● EXERCISE PROMPT: Please return all lines of the data below containing the string "that".

● Entries taken from a collection:
===
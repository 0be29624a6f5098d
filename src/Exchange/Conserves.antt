-- ===== src/Exchange/Conserves.antt =====
-- What `exchange` promises its callers.
use mathlib.Core.Logic.{ite}
use utd_cs6v81_spring.Base.{ℕ, ◌+◌, ◌%◌, ◌<◌, ◌≡◌, refl, List, [], ◌∷◌, arith, ℕ_discrete}
use utd_cs6v81_spring.Base.Family.{Within, tally, tally-update, tally_const, le-tally, add-le-tally}
use utd_cs6v81_spring.Times.{Timespec}
use utd_cs6v81_spring.Exchange.{
  Pc, entering, checking, reading, offering, taking, watching, looking, withdrawing, collecting,
  clearing, returned, timed_out, move, State, start, step, run,
}
use utd_cs6v81_spring.Exchange.Steps.{owns, occupied, holds, slot_holds, IsWord, Knows, move-Kept}

-- How often the node `v` is in the slot and in the hands of the threads.
abbrev pub total : ℕ → ℕ → State → ℕ
total k v s = slot_holds v s.slot + tally (holds v) k s.pc

record Inv (k : ℕ) (s : State) : Type 0 where
  is_word : IsWord s.slot
  knows : (i : ℕ) → i < k → Knows s.slot (s.pc i)
  owner : tally owns k s.pc ≡ occupied s.slot

module _ (k : ℕ) where
  step-Inv :
      (s : State) (i : ℕ) (now : Timespec)
      → i < k
      → Inv k s
      → Inv k (step s i now) × ((v : ℕ) → total k v (step s i now) ≡ total k v s)
  unfolding step
  step-Inv s i now b inv =
      let m = move s.slot (s.pc i) now in
      let few = le-tally owns k s.pc i b in
      let kept =
        move-Kept s.slot now inv.is_word (s.pc i) (inv.knows i b) (omega (arith, few, inv.owner)) in
      (
        record {
          is_word = kept.is_word;
          knows = λ j q. elim (ℕ_discrete i j) as (λ d. Knows m.0 (ite d m.1 (s.pc j))) [
            | yes same ↦ kept.knows
            | no apart ↦
                kept.others (s.pc j)
                  (omega (arith, add-le-tally owns k s.pc i j b q apart, inv.owner)) (inv.knows j q)
          ];
          owner = omega (arith, tally-update owns k s.pc i m.1 b, kept.owner, inv.owner);
        },
        λ v. omega (arith, tally-update (holds v) k s.pc i m.1 b, kept.nodes v),
      )

  run-Inv :
      (s : State) (turns : List (ℕ × Timespec))
      → Within k turns
      → Inv k s
      → Inv k (run s turns) × ((v : ℕ) → total k v (run s turns) ≡ total k v s)
  unfolding run
  run-Inv s [] b inv = (inv, λ v. refl)
  run-Inv s ((i, now) ∷ turns) b inv =
      let (inv', one) = step-Inv s i now b.0 inv in
      let (inv'', rest) = run-Inv (step s i now) turns b.1 inv' in
      (inv'', λ v. omega (arith, one v, rest v))

  start-Inv : (offers : ℕ → ℕ) → ((i : ℕ) → i < k → offers i % 4 ≡ 0) → Inv k (start offers)
  start-Inv offers aligned = record {
    is_word = ((λ q. omega (arith, q)), λ q. refl);
    knows = aligned;
    owner = omega (arith, tally_const owns 0 k (start offers).pc (λ i b. refl));
  }

-- How many of the first `k` threads call `exchange` with the node `v`.
abbrev pub offered : ℕ → ℕ → (ℕ → ℕ) → ℕ
offered k v offers = tally (holds v) k (λ i. entering (offers i))

-- Any number of threads call `exchange` with nodes whose addresses are multiples of 4, and their
-- accesses are interleaved in any way: at every moment each node is as often in the slot and with the
-- threads as they have offered it, so none is lost and none is doubled.
pub exchange_conserves :
    (k : ℕ) (offers : ℕ → ℕ) (turns : List (ℕ × Timespec)) (v : ℕ)
    → ((i : ℕ) → i < k → offers i % 4 ≡ 0)
    → Within k turns
    → total k v (run (start offers) turns) ≡ offered k v offers
exchange_conserves k offers turns v aligned b =
    omega (arith, (run-Inv k (start offers) turns b (start-Inv k offers aligned)).1 v)

-- The node that a finished call gives: the one returned, or its own on a TimeoutException.
abbrev pub Finished : Pc → Type 0
Finished (returned item) = Unit
Finished (timed_out n) = Unit
Finished p = ⊥

Finished-owns : (p : Pc) → Finished p → owns p ≡ 0
Finished-owns (returned item) f = refl
Finished-owns (timed_out n) f = refl
Finished-owns (entering n) f = elim f [ ]
Finished-owns (checking n bound) f = elim f [ ]
Finished-owns (reading n bound current) f = elim f [ ]
Finished-owns (offering n bound current item) f = elim f [ ]
Finished-owns (taking n bound item) f = elim f [ ]
Finished-owns (watching n bound) f = elim f [ ]
Finished-owns (looking n bound current) f = elim f [ ]
Finished-owns (withdrawing n) f = elim f [ ]
Finished-owns (collecting n) f = elim f [ ]
Finished-owns (clearing item) f = elim f [ ]

-- When all these calls have ended, each with a node returned or with a TimeoutException, the slot
-- is EMPTY again, and each node is as often returned, or kept by a call that timed out, as it was
-- offered.
pub exchange_permutes :
    (k : ℕ) (offers : ℕ → ℕ) (turns : List (ℕ × Timespec)) (v : ℕ)
    → ((i : ℕ) → i < k → offers i % 4 ≡ 0)
    → Within k turns
    → ((i : ℕ) → i < k → Finished ((run (start offers) turns).pc i))
    → let s = run (start offers) turns in
      (s.slot ≡ 0) × (tally (holds v) k s.pc ≡ offered k v offers)
exchange_permutes k offers turns v aligned b done =
    let s = run (start offers) turns in
    let (inv, same) = run-Inv k (start offers) turns b (start-Inv k offers aligned) in
    let owned = tally_const owns 0 k s.pc (λ i q. Finished-owns (s.pc i) (done i q)) in
    let vacant : s.slot ≡ 0 = ground (arith, inv.owner, owned) in
    (vacant, ground (arith, same v, vacant))
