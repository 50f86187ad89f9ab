-- ===== src/Schedule/Position.antt =====
-- schedule/position.go: the rank tables of the finality votes and the accessors on them.
-- The tables are a pure function of the plan, so the cache behind `sync.Once` is left out.
-- `none` is a panic of the code: an index out of range, or a division by zero.
pub mod Ranks
pub mod Place
pub mod Total
pub mod RoundTrip
pub mod Cells
use eth_slot_sim.Base.{
  ℕ, zero, suc, ◌+◌, ◌%◌, max, List, [], ◌∷◌, ◌++◌, Option, none, some, ◌>>=◌, ℤ, pos, negsuc,
  minus_one, ltb, ◌==◌, if◌then◌else◌, length, get_elem?, set, replicate,
}
use eth_slot_sim.Schedule.{Assignment, segregated}

-- `cells` by subnet and round, `rank` by validator.
pub record FinalityRanks : Type 0 where
  pub cells : List (List (List ℕ))
  pub rank : List ℕ

abbrev pub rounds_of : Assignment → ℕ
rounds_of a = if segregated a then a.params.ac_slots_per_finality_slot else 1

-- The largest subnet, plus one.
abbrev pub subnets_from : ℕ → List ℕ → ℕ
subnets_from m [] = m
subnets_from m (s ∷ ss) = subnets_from (max m (s + 1)) ss

-- One turn of the loop over the validators.
unfoldable pub place : ℕ → ℕ → ℕ → FinalityRanks → Option FinalityRanks
place val s round r = do
  rows ← get_elem? r.cells s
  cell ← get_elem? rows round
  some (record {
    cells = set r.cells s (set rows round (cell ++ val ∷ []));
    rank = set r.rank val (length cell);
  })

-- The round of a validator.
unfoldable pub round_of_val : Assignment → ℕ → Option ℕ
round_of_val a val = if segregated a then get_elem? a.finality_round_of val else some 0

unfoldable pub place_all : Assignment → ℕ → List ℕ → FinalityRanks → Option FinalityRanks
place_all a val [] r = some r
place_all a val (s ∷ ss) r = do
  round ← round_of_val a val
  r' ← place val s round r
  place_all a (suc val) ss r'

-- The tables before the loop.
abbrev pub empty_ranks : Assignment → FinalityRanks
empty_ranks a = record {
  cells = replicate (subnets_from 0 a.finality_subnet_of) (replicate (rounds_of a) []);
  rank = replicate (length a.finality_subnet_of) 0;
}

unfoldable pub finality_ranks : Assignment → Option FinalityRanks
unfolding place_all place round_of_val
finality_ranks a = place_all a 0 a.finality_subnet_of (empty_ranks a)

-- `group % k` under segregation; Go panics on a zero divisor.
unfoldable pub round : Assignment → ℕ → Option ℕ
round a group =
    if segregated a
    then (if a.params.ac_slots_per_finality_slot == 0
        then none
        else some (group % a.params.ac_slots_per_finality_slot))
    else some 0

unfoldable pub finality_position : Assignment → ℤ → Option ℤ
finality_position a (negsuc n) = do _ ← finality_ranks a; some minus_one
finality_position a (pos val) = do
  r ← finality_ranks a
  elim (get_elem? r.rank val) [ none ↦ some minus_one | some p ↦ some (pos p) ]

-- The cell of a subnet that is in range, in the round that the group key selects.
unfoldable pub cell_of : Assignment → FinalityRanks → List (List ℕ) → ℕ → Option (List ℕ)
unfolding round
cell_of a r rows group = do k ← round a group; get_elem? rows k

unfoldable pub val_in_cell : List ℕ → ℤ → ℤ
val_in_cell cell (negsuc n) = minus_one
val_in_cell cell (pos p) = elim (get_elem? cell p) [ none ↦ minus_one | some val ↦ pos val ]

unfoldable pub finality_val_at : Assignment → ℤ → ℕ → ℤ → Option ℤ
unfolding finality_ranks cell_of val_in_cell
finality_val_at a (negsuc s) group position = do _ ← finality_ranks a; some minus_one
finality_val_at a (pos s) group position = do
  r ← finality_ranks a
  elim (get_elem? r.cells s) [
    | none ↦ some minus_one
    | some rows ↦ do cell ← cell_of a r rows group; some (val_in_cell cell position)
  ]

unfoldable pub finality_cell_size : Assignment → ℤ → ℕ → Option ℕ
unfolding finality_ranks cell_of
finality_cell_size a (negsuc s) group = do _ ← finality_ranks a; some 0
finality_cell_size a (pos s) group = do
  r ← finality_ranks a
  elim (get_elem? r.cells s) [
    | none ↦ some 0
    | some rows ↦ do cell ← cell_of a r rows group; some (length cell)
  ]

-- The loop of `HostOf` over `ValidatorCounts`.
unfoldable pub host_in : List ℕ → ℕ → ℕ → ℕ → ℤ
host_in [] node start val = minus_one
host_in (n ∷ c) node start val =
    let rest = host_in c (suc node) (start + n) val in
    if ltb val (start + n) then pos node else rest

unfoldable pub host_of : Assignment → ℤ → ℤ
unfolding host_in
host_of a (negsuc n) = minus_one
host_of a (pos val) =
    if ltb 0 (length a.validator_counts)
    then host_in a.validator_counts 0 0 val
    else (if a.params.n == 0 then minus_one else pos (val % a.params.n))
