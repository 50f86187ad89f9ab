-- ===== src/Schedule/Duties.antt =====
-- schedule/schedule.go: `finalityVoteDuties` and `finalityAggregations`.
pub mod Hosting
pub mod Votes
use eth_slot_sim.Base.{
  ℕ, zero, suc, ◌+◌, ◌*◌, Bool, true, List, [], ◌∷◌, Option, none, some, ◌>>=◌, ℤ, pos, ltb, ◌==◌,
  if◌then◌else◌, length, get_elem?, take, sum, range_from, any, indices,
}
use eth_slot_sim.Schedule.{Assignment, AttestDuty, AttesterRef, SlotPlan, segregated}
use eth_slot_sim.Schedule.Position.{finality_position, round}

-- The loop `for val := node; val < V; val += N`. The fuel runs out only where N is 0, where the
-- code's loop does not end.
unfoldable pub strided : ℕ → ℕ → ℕ → ℕ → Option (List ℕ)
strided zero val v n = none
strided (suc fuel) val v n =
    let rest = strided fuel (val + n) v n in
    if ltb val v then (do vals ← rest; some (val ∷ vals)) else some []

-- The validators that a node hosts, in the order of the loops.
unfoldable pub hosted : Assignment → ℕ → Option (List ℕ)
unfolding strided
hosted a node =
    if ltb 0 (length a.validator_counts)
    then (do
      count ← get_elem? a.validator_counts node
      some (range_from (sum (take node a.validator_counts)) count))
    else strided (suc a.params.v) node a.params.v a.params.n

-- `include`, with the round of the key computed before.
unfoldable pub includes : Assignment → ℕ → ℕ → Option Bool
includes a k val =
    if segregated a then (do r ← get_elem? a.finality_round_of val; some (r == k)) else some true

-- The duty of a validator that is included, in front of the others.
unfoldable pub duty_for : Assignment → ℕ → List AttestDuty → Option (List AttestDuty)
duty_for a val rest = do
  s ← get_elem? a.finality_subnet_of val
  p ← finality_position a (pos val)
  some (record { subnet = s; val = val; position = p } ∷ rest)

-- `duty` for each validator in turn.
unfoldable pub duties_of : Assignment → ℕ → List ℕ → Option (List AttestDuty)
unfolding includes duty_for
duties_of a k [] = some []
duties_of a k (val ∷ vals) = do
  rest ← duties_of a k vals
  in_round ← includes a k val
  if in_round then duty_for a val rest else some rest

unfoldable pub finality_vote_duties : Assignment → ℕ → ℕ → Option (List AttestDuty)
unfolding hosted duties_of
finality_vote_duties a node slot = do k ← round a slot; vals ← hosted a node; duties_of a k vals

abbrev pub hosts_one : ℕ → List AttesterRef → Bool
hosts_one node = any (λ r. r.node == node)

unfoldable pub finality_aggregations : Assignment → ℕ → ℕ → List ℕ
finality_aggregations a node slot =
    if a.params.ac_slots_per_finality_slot == 0
    then []
    else elim (get_elem? a.slots
        (if segregated a then slot else slot * a.params.ac_slots_per_finality_slot)) [
          | none ↦ []
          | some plan ↦ indices (hosts_one node) 0 plan.finality_aggregators
        ]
===
● THE COMPLETED TASK:
-- The node that a finished call gives: the one returned, or its own on a TimeoutException.
-- is EMPTY again, and each node is as often returned, or kept by a call that timed out, as it was
-- The cell of a subnet that is in range, in the round that the group key selects.
-- The validators that a node hosts, in the order of the loops.
-- The duty of a validator that is included, in front of the others.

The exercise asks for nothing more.